-- ===== src/Platform/PageTable/Level.antt =====
-- One level of `mapPage` keeps the tree of tables, and reaches the next table.
use kush_os_rewrite.Base.{ℕ, suc, ◌%◌, ◌^◌, ◌<◌, Bool, true, false, arith}
use kush_os_rewrite.Base.{
  ◌≡◌, refl, ap, sym, ◌∙◌, ◌≢◌, ◌⊎◌, ◌==◌, ◌&&◌, Bool-cases, inl, inr, ==_of_ne, ==_of_eq, eq_of_==,
}
use kush_os_rewrite.Platform.PageTable.{
  present, large, table_addr, table_entry, Memory, slot, write_slot, zero_page,
}
use kush_os_rewrite.Platform.PageTable.Entries.{table_entry_lem}
use kush_os_rewrite.Platform.PageTable.Tree.{
  limit, Levels, assign, IsTree, slot-injective, outside_page, inside_page,
}

pub and_fst : (a b c d : ℕ) → ((a == b) && (c == d)) ≡ true → a ≡ b
and_fst a b c d h = ground arith

pub and_snd : (a b c d : ℕ) → ((a == b) && (c == d)) ≡ true → c ≡ d
and_snd a b c d h = ground arith

pub and_no : (a b c d : ℕ) → ((a == b) && (c == d)) ≡ false → (a ≢ b) ⊎ (c ≢ d)
and_no a b c d h = elim (Bool-cases (a == b)) [
  | inl e ↦ inr (ground arith)
  | inr e ↦ inl (ground arith)
]

-- A new table `page` under entry `i` of table `t`.
module _ (early : Bool) (level : Levels) (mem : Memory) (tree : IsTree early level mem)
    (t i l page virt : ℕ) (at_level : level t ≡ suc (suc l)) (small : i < 512)
    (aligned : page % 4096 ≡ 0) (low : page < limit early) (unused : level page ≡ 0) where
  abbrev entry : ℕ
  entry = table_entry page virt

  abbrev pub mem' : Memory
  mem' = write_slot (zero_page mem page) (slot t i) entry

  abbrev level' : Levels
  level' = assign level page (suc l)

  abbrev owner' : ℕ → ℕ
  owner' = assign tree.owner page (slot t i)

  t-aligned : (t % 4096 ≡ 0) × (t < limit early)
  t-aligned = tree.aligned t (omega arith)

  t-ne : t ≢ page
  t-ne e = absurd (omega (arith, at_level, unused, ap level e))

  pub below : page < 2 ^ 63
  below = below_lem early low
    where
      below_lem : (b : Bool) → page < limit b → page < 2 ^ 63
      below_lem true h = omega arith
      below_lem false h = omega arith

  pub at_entry : mem' (slot t i) ≡ entry
  at_entry = rw (==_of_eq (slot t i) (slot t i) refl)

  pub new_table : (j : ℕ) → j < 512 → mem' (slot page j) ≡ 0
  new_table j h =
      let ne : slot page j ≢ slot t i =
        λ e. t-ne (sym (slot-injective page j t i aligned t-aligned.0 h small e).0) in
      rw (==_of_ne _ _ ne, inside_page j page h)

  pub other :
      (q j : ℕ) → 0 < level q → j < 512 → (q ≢ t) ⊎ (j ≢ i) → mem' (slot q j) ≡ mem (slot q j)
  other q j used h differs =
      let ne-page : q ≢ page = λ e. absurd (omega (arith, unused, ap level e)) in
      let ne : slot q j ≢ slot t i = ne_slot differs in
      rw (==_of_ne _ _ ne, outside_page q j page (tree.aligned q used).0 aligned h ne-page)
    where
      ne_slot : (q ≢ t) ⊎ (j ≢ i) → slot q j ≢ slot t i
      ne_slot (inl d) e = d (slot-injective q j t i (tree.aligned q used).0 t-aligned.0 h small e).0
      ne_slot (inr d) e = d (slot-injective q j t i (tree.aligned q used).0 t-aligned.0 h small e).1

  pub keeps : (q : ℕ) → 0 < level q → level' q ≡ level q
  keeps q used = rw (==_of_ne q page (λ e. absurd (omega (arith, unused, ap level e))))

  pub leads : level' (table_addr entry) ≡ suc l
  leads = rw (==_of_eq (table_addr entry) page (table_entry_lem page virt aligned below).2)

  owner_keeps : (q : ℕ) → 0 < level q → owner' q ≡ tree.owner q
  owner_keeps q used = rw (==_of_ne q page (λ e. absurd (omega (arith, unused, ap level e))))

  is_owned : owner' (table_addr entry) ≡ slot t i
  is_owned = rw (==_of_eq (table_addr entry) page (table_entry_lem page virt aligned below).2)

  module _ (q j k : ℕ) (h : j < 512) (p : present (mem' (slot q j)) ≡ true)
      (not_large : (large (mem' (slot q j)) ≡ false) ⊎ (k ≡ 2)) where
    not_new : q ≢ page
    not_new e =
        let zeroed : mem' (slot q j) ≡ 0 = ap (λ x. mem' (slot x j)) e ∙ new_table j h in
        let bad : false ≡ true = sym (ap present zeroed) ∙ p in cc

    at_same : q ≡ t → j ≡ i → mem' (slot q j) ≡ entry
    at_same e e' = ap (λ x. mem' (slot x j)) e ∙ ap (λ x. mem' (slot t x)) e' ∙ at_entry

    -- The new entry is the only one that leads to the new table.
    leads_same :
        q ≡ t
        → j ≡ i
        → level q ≡ suc (suc k)
        → (level' (table_addr (mem' (slot q j))) ≡ suc k)
          × (owner' (table_addr (mem' (slot q j))) ≡ slot q j)
    leads_same e e' lq =
        let depth : suc l ≡ suc k = omega (arith, at_level, lq, ap level e) in
        (
          ap (λ v. level' (table_addr v)) (at_same e e') ∙ leads ∙ depth,
          ap (λ v. owner' (table_addr v)) (at_same e e') ∙ is_owned ∙ sym (ap2_slot e e'),
        )
      where
        ap2_slot : q ≡ t → j ≡ i → slot q j ≡ slot t i
        ap2_slot e e' = omega (arith, e, e')

    -- The others lead where they led.
    leads_old :
        (q ≢ t) ⊎ (j ≢ i)
        → level q ≡ suc (suc k)
        → (level' (table_addr (mem' (slot q j))) ≡ suc k)
          × (owner' (table_addr (mem' (slot q j))) ≡ slot q j)
    leads_old differs lq =
        let kept : mem' (slot q j) ≡ mem (slot q j) = other q j (omega (arith, lq)) h differs in
        let before : level (table_addr (mem (slot q j))) ≡ suc k =
          tree.down q j k lq h (sym (ap present kept) ∙ p) (still_small kept not_large) in
        (
          ap (λ v. level' (table_addr v)) kept
              ∙ keeps (table_addr (mem (slot q j))) (omega (arith, before))
              ∙ before,
          ap (λ v. owner' (table_addr v)) kept
              ∙ owner_keeps (table_addr (mem (slot q j))) (omega (arith, before))
              ∙ tree.owned q j k lq h (sym (ap present kept) ∙ p) (still_small kept not_large),
        )
      where
        still_small :
            mem' (slot q j) ≡ mem (slot q j)
            → (large (mem' (slot q j)) ≡ false) ⊎ (k ≡ 2)
            → (large (mem (slot q j)) ≡ false) ⊎ (k ≡ 2)
        still_small kept (inl s) = inl (sym (ap large kept) ∙ s)
        still_small kept (inr s) = inr s

  grown-leads :
      (q j k : ℕ)
      → level' q ≡ suc (suc k)
      → j < 512
      → present (mem' (slot q j)) ≡ true
      → (large (mem' (slot q j)) ≡ false) ⊎ (k ≡ 2)
      → (level' (table_addr (mem' (slot q j))) ≡ suc k)
        × (owner' (table_addr (mem' (slot q j))) ≡ slot q j)
  grown-leads q j k lq h p not_large = elim (Bool-cases (q == page)) [
    | inl new ↦ absurd (not_new q j k h p not_large (eq_of_== q page new))
    | inr old ↦
        let lq' : level q ≡ suc (suc k) = rw old at lq in
        elim (Bool-cases ((q == t) && (j == i))) [
          | inl same ↦
              leads_same q j k h p not_large (and_fst q t j i same) (and_snd q t j i same) lq'
          | inr differs ↦ leads_old q j k h p not_large (and_no q t j i differs) lq'
        ]
  ]

  pub grown : IsTree early level' mem'
  grown = record {
    aligned = grown-aligned;
    down = λ q j k lq h p s. (grown-leads q j k lq h p s).0;
    owner = owner';
    owned = λ q j k lq h p s. (grown-leads q j k lq h p s).1;
  }
    where
      grown-aligned : (q : ℕ) → 0 < level' q → (q % 4096 ≡ 0) × (q < limit early)
      grown-aligned q used = elim (Bool-cases (q == page)) [
        | inl new ↦ rw (eq_of_== q page new) (aligned, low)
        | inr old ↦ tree.aligned q (rw old at used)
      ]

What to work on: From the line holding "elim (Bool-cases ((q" to the line holding "aligned = grown-aligned;", inclusive, restate each line above exactly as written.

Expected output:
        elim (Bool-cases ((q == t) && (j == i))) [
          | inl same ↦
              leads_same q j k h p not_large (and_fst q t j i same) (and_snd q t j i same) lq'
          | inr differs ↦ leads_old q j k h p not_large (and_no q t j i differs) lq'
        ]
  ]

  pub grown : IsTree early level' mem'
  grown = record {
    aligned = grown-aligned;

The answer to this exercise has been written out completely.